Daniel writes all about the summer activity programme

August 21, 2011

Here, Daniel, a Travel Aid volunteer, explains how the summer activity programme was done, from the first steps of planning and advertising through to working with the children…

During our month long stint at JWOC, the foremost task of the TravelAid team was to conduct a three-week summer activity camp for children in the surrounding community. While some of these children have been attending free English classes at JWOC for the past few years and were already expecting some summer activities to be held during this time, there were still many who have not had the time or opportunity to attend these classes and would not have heard of JWOC. Thus, in the week before the summer activity camp, we not only had to plan and prepare for the activities for each day, we also had to go out to the nearby villages to advertise our summer programme.

Our advertising efforts turned out to be an unexpectedly interesting and enjoyable experience. Our primary means of advertisement were through posters and flyers that we distributed in the neighbourhoods as well as word-of-mouth: if our activities are creative and novel enough, more children will turn up as days go by! The Khmer high school interns that were partnered with us were most helpful as they translated our requests to shopkeepers and villagers to put up posters in convenience shops and village common areas. As we walked down the main road, we also stopped children on their ways to and from home and promoted our summer programme to them. Coming from countries where people are pretty wary of strangers and whatever they intend to ‘sell’, our hearts were warmed as we saw how readily the locals welcomed our uninvited visits.

Visiting a squatter village during our rounds of advertising offered us a peek into the lives of some of the poorest people in Cambodia. These villagers don’t own the land their houses are built on; many of them just don’t own enough to do so. It is among these people that JWOC works: through lending small loans to people who would otherwise have no access to credit, through installing wells and providing simple hygiene training, and most relevant to us, through the provision of free classes for children whose families cannot afford to send them to school. Many of these children we visited in the squatter village were very enthusiastic about what we were offering them – a chance to have a few weeks of fun, games and activities while picking up some simple English at the same time. The summer camp also attracts children to attend proper English classes at JWOC, thus setting the stage for a longer term impact on the community.

While we planned for the summer programme, we consulted our Khmer partners about the appropriateness of the activities. Although we were targeting children between the ages of 7 to 13, we had to keep in mind that most of them had, at best, elementary English comprehension skills, and so in explaining games to them, we had to ensure that the rules were simple. The advice of our Khmer partners was invaluable: in one instance, they vetoed a game because it would have been too difficult, and even dangerous if not explained properly, for the young children to play. More importantly, we had to have good rapport with our partners in order to communicate our ideas to them and make sure that they were on the same page as us. And so after a week of intense brainstorming and planning, we were ready with a schedule packed with handicraft, painting, sports, games, song and dance, and reading sessions.

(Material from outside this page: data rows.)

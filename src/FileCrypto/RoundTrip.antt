-- ===== src/FileCrypto/RoundTrip.antt =====
-- What `decrypt_file` makes of what `encrypt_file` writes.
use phantom_share.Prelude.{
  ℕ, suc, zero, ◌+◌, ◌*◌, ◌≤◌, ◌<◌, ◌≡◌, refl, ap, append_assoc, [], ◌∷◌, ◌++◌, length, take, drop,
  take-append, drop-append, take-append-drop, length-append, length-drop, length-take-le, arith,
}
use phantom_share.Result.{ok, >>=-eq-ok}
use phantom_share.Crypto.{Bytes}
use phantom_share.FileCrypto.{
  FileCipher, Encrypted, magic, pack, frame, encrypt_chunks, decrypt_chunks, encrypt_file,
  decrypt_file, decrypt_body, aad,
}
use phantom_share.FileCrypto.Frames.{unpack-pack, pack_total, read_frame}

module _ (cipher : FileCipher) (dek nonce_prefix aad_prefix : Bytes) (c : ℕ) where
  -- The frames that the loop writes are read back as the bytes that it read.
  pub decrypt_chunks-encrypt_chunks :
      (fuel fuel' index : ℕ) (src : Bytes) {out : Bytes}
      → length src ≤ fuel
      → length out < fuel'
      → encrypt_chunks cipher dek (suc c) fuel nonce_prefix aad_prefix index src ≡ ok out
      → decrypt_chunks cipher dek fuel' nonce_prefix aad_prefix index out ≡ ok src
  unfolding encrypt_chunks decrypt_chunks
  decrypt_chunks-encrypt_chunks fuel zero index src h1 h2 h = absurd (omega arith)
  decrypt_chunks-encrypt_chunks zero (suc fuel') index [] {out} h1 h2 h =
      let q : [] ≡ out = cc in rw (← q) refl
  decrypt_chunks-encrypt_chunks zero fuel' index (x ∷ xs) h1 h2 h = absurd (omega arith)
  decrypt_chunks-encrypt_chunks (suc fuel) (suc fuel') index [] {out} h1 h2 h =
      let q : [] ≡ out = cc in rw (← q) refl
  decrypt_chunks-encrypt_chunks (suc fuel) (suc fuel') index (x ∷ xs) {out} h1 h2 h =
      let (f, hf, h') =
        >>=-eq-ok (frame cipher dek nonce_prefix aad_prefix index (x ∷ take c xs)) _ {b = out} h in
      let (rest, hr, h'') =
        >>=-eq-ok
          (encrypt_chunks cipher dek (suc c) fuel nonce_prefix aad_prefix (index + 1) (drop c xs)) _
          {b = out} h' in
      let q : f ++ rest ≡ out = cc in
      let (reads, long) =
        read_frame cipher dek nonce_prefix aad_prefix fuel' index (x ∷ take c xs) rest hf in
      let shorter : length rest < fuel' = omega (arith, length-append f rest, ap length q) in
      let recursive =
        decrypt_chunks-encrypt_chunks fuel fuel' (index + 1) (drop c xs) {out = rest}
          (omega (arith, length-drop c xs)) shorter hr in
      rw (← q, reads, recursive, take-append-drop c xs) refl

  -- The loop ends with all frames written where a sealed chunk and the number of the rounds fit
  -- into four bytes.
  pub encrypt_chunks_total :
      (fuel rounds index : ℕ) (src : Bytes)
      → suc c + 16 < 4294967296
      → length src ≤ rounds * suc c
      → index + rounds ≤ 4294967296
      → (out : Bytes) × (encrypt_chunks cipher dek (suc c) fuel nonce_prefix aad_prefix index src
          ≡ ok out)
  unfolding encrypt_chunks frame
  encrypt_chunks_total zero rounds index src hc hs hi = ([], refl)
  encrypt_chunks_total (suc fuel) rounds index [] hc hs hi = ([], refl)
  encrypt_chunks_total (suc fuel) zero index (x ∷ xs) hc hs hi = absurd (omega arith)
  encrypt_chunks_total (suc fuel) (suc rounds) index (x ∷ xs) hc hs hi =
      let (i, pi) = pack_total index (omega arith) in
      let encrypted = cipher.seal dek (nonce_prefix ++ i) (aad_prefix ++ i) (x ∷ take c xs) in
      let (n, pn) = pack_total (length encrypted) (
        omega (
          arith,
          cipher.length-seal dek (nonce_prefix ++ i) (aad_prefix ++ i) (x ∷ take c xs),
          length-take-le c xs,
        )) in
      let (rest, pr) =
        encrypt_chunks_total fuel rounds (index + 1) (drop c xs) hc
          (omega (arith, length-drop c xs)) (omega arith) in
      ((n ++ encrypted) ++ rest, rw (pi, pn, pr))

module _ (cipher : FileCipher) (dek nonce_prefix : Bytes) (c : ℕ) where
  -- Behind a header, the frames are decrypted.
  decrypt_header :
      (aad_prefix size frames : Bytes)
      → length nonce_prefix ≡ 8
      → length size ≡ 4
      → decrypt_body cipher dek aad_prefix (magic ++ (nonce_prefix ++ size)) frames
        ≡ decrypt_chunks cipher dek (length frames + 1) nonce_prefix aad_prefix 0 frames
  unfolding decrypt_body
  decrypt_header aad_prefix size frames hp hs =
      let behind : length (nonce_prefix ++ size) ≡ 12 =
        omega (arith, length-append nonce_prefix size) in
      rw (behind, take-append 8 nonce_prefix size hp)

  pub decrypt_object :
      (secret_id version : ℕ) (size frames : Bytes) {v : Bytes}
      → length nonce_prefix ≡ 8
      → length size ≡ 4
      → pack version ≡ ok v
      → decrypt_file cipher dek secret_id version (magic ++ (nonce_prefix ++ (size ++ frames)))
        ≡ decrypt_chunks cipher dek
            (length frames + 1)
            nonce_prefix
            (aad cipher secret_id v)
            0
            frames
  unfolding decrypt_file
  decrypt_object secret_id version size frames {v} hp hs hv =
      let header = magic ++ (nonce_prefix ++ size) in
      let long : length header ≡ 20 = omega (arith, length-append nonce_prefix size) in
      let read : take 20 (header ++ frames) ≡ header = take-append 20 header frames long in
      let left : drop 20 (header ++ frames) ≡ frames = drop-append 20 header frames long in
      rw (hv, ← append_assoc nonce_prefix size frames, read, left)
        (decrypt_header (aad cipher secret_id v) size frames hp hs)

  -- A file decrypts to itself, under the key, the id and the version under which it was encrypted,
  -- and the encryption returns: for a nonce prefix of eight bytes, where a version, a sealed chunk
  -- and the number of the chunks fit into four bytes.
  pub decrypt_file-encrypt_file :
      (secret_id version rounds : ℕ) (source : Bytes)
      → length nonce_prefix ≡ 8
      → version < 4294967296
      → suc c + 16 < 4294967296
      → length source ≤ rounds * suc c
      → rounds ≤ 4294967296
      → (e : Encrypted) × (encrypt_file cipher dek (suc c) nonce_prefix secret_id version source
          ≡ ok e)
        × (decrypt_file cipher dek secret_id version e.object ≡ ok source)
        × (e.total ≡ length source)
  unfolding encrypt_file
  decrypt_file-encrypt_file secret_id version rounds source hp hv hc hl hr =
      let (v, pv) = pack_total version hv in
      let (size, ps) = pack_total (suc c) (omega arith) in
      let aad_prefix = aad cipher secret_id v in
      let (frames, pf) =
        encrypt_chunks_total cipher dek nonce_prefix aad_prefix c (length source) rounds 0 source hc
          hl (omega arith) in
      (
        record {
          object = magic ++ (nonce_prefix ++ (size ++ frames));
          total = length source;
          digest = cipher.sha256_hex source;
        },
        rw (pv, ps, pf),
        rw (decrypt_object secret_id version size frames hp (unpack-pack (suc c) ps).0 pv) (
            decrypt_chunks-encrypt_chunks cipher dek nonce_prefix aad_prefix c (length source)
              (length frames + 1) 0 source (omega arith) (omega arith) pf),
        refl,
      )
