-- ===== src/FileCrypto/Truncation.antt =====
-- What `decrypt_file` makes of an object that is cut off.
use phantom_share.Prelude.{
  ℕ, suc, zero, ◌+◌, ◌*◌, ◌≤◌, ◌≡◌, refl, sym, ap, ◌∙◌, append_assoc, [], ◌∷◌, ◌++◌, length, take,
  drop, take-append_le, drop-append_le, length-append, length-drop, arith,
}
use phantom_share.Result.{ok, >>=-eq-ok}
use phantom_share.Crypto.{Bytes}
use phantom_share.FileCrypto.{
  FileCipher, Encrypted, magic, pack, frame, encrypt_chunks, encrypt_file, decrypt_file, aad,
}
use phantom_share.FileCrypto.Frames.{unpack-pack}
use phantom_share.FileCrypto.RoundTrip.{decrypt_object, decrypt_chunks-encrypt_chunks}

module _ (cipher : FileCipher) (dek nonce_prefix aad_prefix : Bytes) (c : ℕ) where
  -- The frames of a source that is cut where a chunk ends come first among those of the source.
  encrypt_chunks-append :
      (k fuel fuel' index : ℕ) (xs ys : Bytes) {out : Bytes}
      → length xs ≡ k * suc c
      → length (xs ++ ys) ≤ fuel
      → length xs ≤ fuel'
      → encrypt_chunks cipher dek (suc c) fuel nonce_prefix aad_prefix index (xs ++ ys) ≡ ok out
      → (cut : Bytes) × (tail : Bytes) × (out ≡ cut ++ tail)
        × (encrypt_chunks cipher dek (suc c) fuel' nonce_prefix aad_prefix index xs ≡ ok cut)
  unfolding encrypt_chunks
  encrypt_chunks-append k fuel zero index [] ys {out} hk h1 h2 h = ([], out, refl, refl)
  encrypt_chunks-append k fuel (suc fuel') index [] ys {out} hk h1 h2 h = ([], out, refl, refl)
  encrypt_chunks-append k fuel zero index (x ∷ xs) ys hk h1 h2 h = absurd (omega arith)
  encrypt_chunks-append zero fuel fuel' index (x ∷ xs) ys hk h1 h2 h = absurd (omega arith)
  encrypt_chunks-append (suc k) zero fuel' index (x ∷ xs) ys hk h1 h2 h = absurd (omega arith)
  encrypt_chunks-append (suc k) (suc fuel) (suc fuel') index (x ∷ xs) ys {out} hk h1 h2 h =
      let long : c ≤ length xs = omega arith in
      let (f, hf, h') =
        >>=-eq-ok (frame cipher dek nonce_prefix aad_prefix index (x ∷ take c (xs ++ ys))) _
          {b = out} h in
      let (rest, hr, h'') =
        >>=-eq-ok
          (encrypt_chunks cipher dek (suc c) fuel nonce_prefix aad_prefix (index + 1)
            (drop c (xs ++ ys)))
          _ {b = out} h' in
      let first : frame cipher dek nonce_prefix aad_prefix index (x ∷ take c xs) ≡ ok f =
        rw (← take-append_le c xs ys long) hf in
      let others : encrypt_chunks cipher dek (suc c) fuel nonce_prefix aad_prefix (index + 1)
            (drop c xs ++ ys)
          ≡ ok rest =
        rw (← drop-append_le c xs ys long) hr in
      let (cut, tail, whole, encrypted) =
        encrypt_chunks-append k fuel fuel' (index + 1) (drop c xs) ys {out = rest}
          (omega (arith, length-drop c xs))
          (omega (arith, length-append (drop c xs) ys, length-append xs ys, length-drop c xs))
          (omega (arith, length-drop c xs)) others in
      let q : f ++ rest ≡ out = cc in
      (
        f ++ cut,
        tail,
        sym q ∙ ap (λ t. f ++ t) whole ∙ sym (append_assoc f cut tail),
        rw (first, encrypted),
      )

regroup : (a b c d : Bytes) → magic ++ (a ++ (b ++ (c ++ d))) ≡ (magic ++ (a ++ (b ++ c))) ++ d
regroup a b c d = simp append_assoc

-- An object that is cut off where the frames of a chunk end decrypts without an error, to the bytes
-- up to there: for a source of two parts, the first of which is a number of whole chunks, the
-- encrypted object has a beginning that decrypts to the first part.
pub decrypt_file-truncated :
    (cipher : FileCipher) (dek nonce_prefix : Bytes) (c k secret_id version : ℕ) (xs ys : Bytes)
    {e : Encrypted}
    → length nonce_prefix ≡ 8
    → length xs ≡ k * suc c
    → encrypt_file cipher dek (suc c) nonce_prefix secret_id version (xs ++ ys) ≡ ok e
    → (cut : Bytes) × (tail : Bytes) × (e.object ≡ cut ++ tail)
      × (decrypt_file cipher dek secret_id version cut ≡ ok xs)
unfolding encrypt_file
decrypt_file-truncated cipher dek nonce_prefix c k secret_id version xs ys {e} hp hk h =
    let (v, hv, h1) = >>=-eq-ok (pack version) _ {b = e} h in
    let (size, hs, h2) = >>=-eq-ok (pack (suc c)) _ {b = e} h1 in
    let aad_prefix = aad cipher secret_id v in
    let (frames, hf, h3) =
      >>=-eq-ok
        (encrypt_chunks cipher dek (suc c) (length (xs ++ ys)) nonce_prefix aad_prefix 0 (xs ++ ys))
        _ {b = e} h2 in
    let (cut, tail, whole, encrypted) =
      encrypt_chunks-append cipher dek nonce_prefix aad_prefix c k (length (xs ++ ys)) (length xs) 0
        xs ys {out = frames} hk (omega arith) (omega arith) hf in
    let written : magic ++ (nonce_prefix ++ (size ++ frames)) ≡ e.object = cc in
    (
      magic ++ (nonce_prefix ++ (size ++ cut)),
      tail,
      sym written
          ∙ ap (λ t. magic ++ (nonce_prefix ++ (size ++ t))) whole
          ∙ regroup nonce_prefix size cut tail,
      decrypt_object cipher dek nonce_prefix c secret_id version size cut hp
            (unpack-pack (suc c) hs).0 hv
          ∙ decrypt_chunks-encrypt_chunks cipher dek nonce_prefix aad_prefix c (length xs)
              (length cut + 1) 0 xs (omega arith) (omega arith) encrypted,
    )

As we carried out the programme over the following three weeks, we found that although not all of the activities were exciting or entertaining, the children were grateful to have the opportunity to draw and play and spending time meaningfully together. Many of them came day after day after day, some even arriving an hour before the official start of the day, hoping to have someone spend time reading or playing with them. In all, it was a exhausting but pretty successful summer, hopefully we have enriched the lives of these children in one way or another!